→ Your assignment
Return, from the lines below, each one that includes the word "none".

==== Provided information

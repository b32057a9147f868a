-- ===== src/Peer/Arrivals/Asking.antt =====
-- The loop of CBTPeer::DoMyRequest of benliud_bt/src/BTPeer.cpp for a piece that one peer is asked for.
use benliud.Common.{
  ℕ, zero, suc, ◌+◌, ◌*◌, ◌≤◌, ◌≡◌, ◌⊎◌, refl, arith, List, none, length, ltb, inl, inr,
  length-append, if_cases, some_cases,
}
use benliud.Common.Search.{find_first}
use benliud.SingleRequest.{SingleRequest, get_task, is_free}
use benliud.SingleRequest.Requests.{get_task-none, get_task-some}
use benliud.Peer.{packet, block_words, htonl, send_request}
use benliud.Peer.Downloads.{pending_request_size, index_of, send_tasks}

length-send_request : (i o l : ℕ) → length (send_request i o l) ≡ 17
unfolding send_request packet block_words htonl
length-send_request i o l = refl

-- What the loop leaves of a request, with the bytes that it sends.
pub record IsAsked (r : SingleRequest) (x : SingleRequest × List ℕ) : Type 0 where
  pub few : x.0.pending_count ≤ 12
  pub done : (x.0.pending_count ≡ 12) ⊎ (find_first is_free x.0.blocks ≡ none)
  pub told : length x.1 + 17 * r.pending_count ≡ 17 * x.0.pending_count

send_tasks-IsAsked_more :
    (fuel : ℕ) (r : SingleRequest) (now : ℕ)
    → r.pending_count ≤ 12
    → 12 ≤ r.pending_count + fuel
    → IsAsked r (send_tasks fuel r now)
unfolding send_tasks
send_tasks-IsAsked_more zero r now h e = record {
  few = h;
  done = inl (omega arith);
  told = omega arith;
}
send_tasks-IsAsked_more (suc fuel) r now h e =
    if_cases (IsAsked r) (ltb r.pending_count pending_request_size) _ _
      (λ lt.
        some_cases (IsAsked r) (get_task r now).1 _ _
          (λ n. record { few = h; done = inr (get_task-none r now n); told = omega arith })
          (λ o s.
            let more : (get_task r now).0.pending_count ≡ r.pending_count + 1 =
              get_task-some r now o s (ground (arith, lt)) in
            let rest =
              send_tasks-IsAsked_more fuel (get_task r now).0 now (ground (arith, lt, more))
                (omega (arith, more)) in
            record {
              few = rest.few;
              done = rest.done;
              told = omega (
                arith,
                rest.told,
                more,
                length-send_request (index_of r) o.0 o.1,
                length-append (send_request (index_of r) o.0 o.1)
                    (send_tasks fuel (get_task r now).0 now).1,
              );
            }))
      (λ ge. record { few = h; done = inl (ground (arith, ge)); told = omega arith })

-- The loop ends with 12 blocks asked for, or with no block left that has neither data nor a request;
-- a message of 17 bytes is sent for each new request. At most 12 blocks are asked for before.
pub send_tasks-IsAsked :
    (r : SingleRequest) (now : ℕ)
    → r.pending_count ≤ 12
    → IsAsked r (send_tasks pending_request_size r now)
send_tasks-IsAsked r now h = send_tasks-IsAsked_more pending_request_size r now h (omega arith)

========

→ Exercise answer
  ℕ, zero, suc, ◌+◌, ◌*◌, ◌≤◌, ◌≡◌, ◌⊎◌, refl, arith, List, none, length, ltb, inl, inr,
use benliud.SingleRequest.Requests.{get_task-none, get_task-some}
  pub done : (x.0.pending_count ≡ 12) ⊎ (find_first is_free x.0.blocks ≡ none)
          (λ n. record { few = h; done = inr (get_task-none r now n); told = omega arith })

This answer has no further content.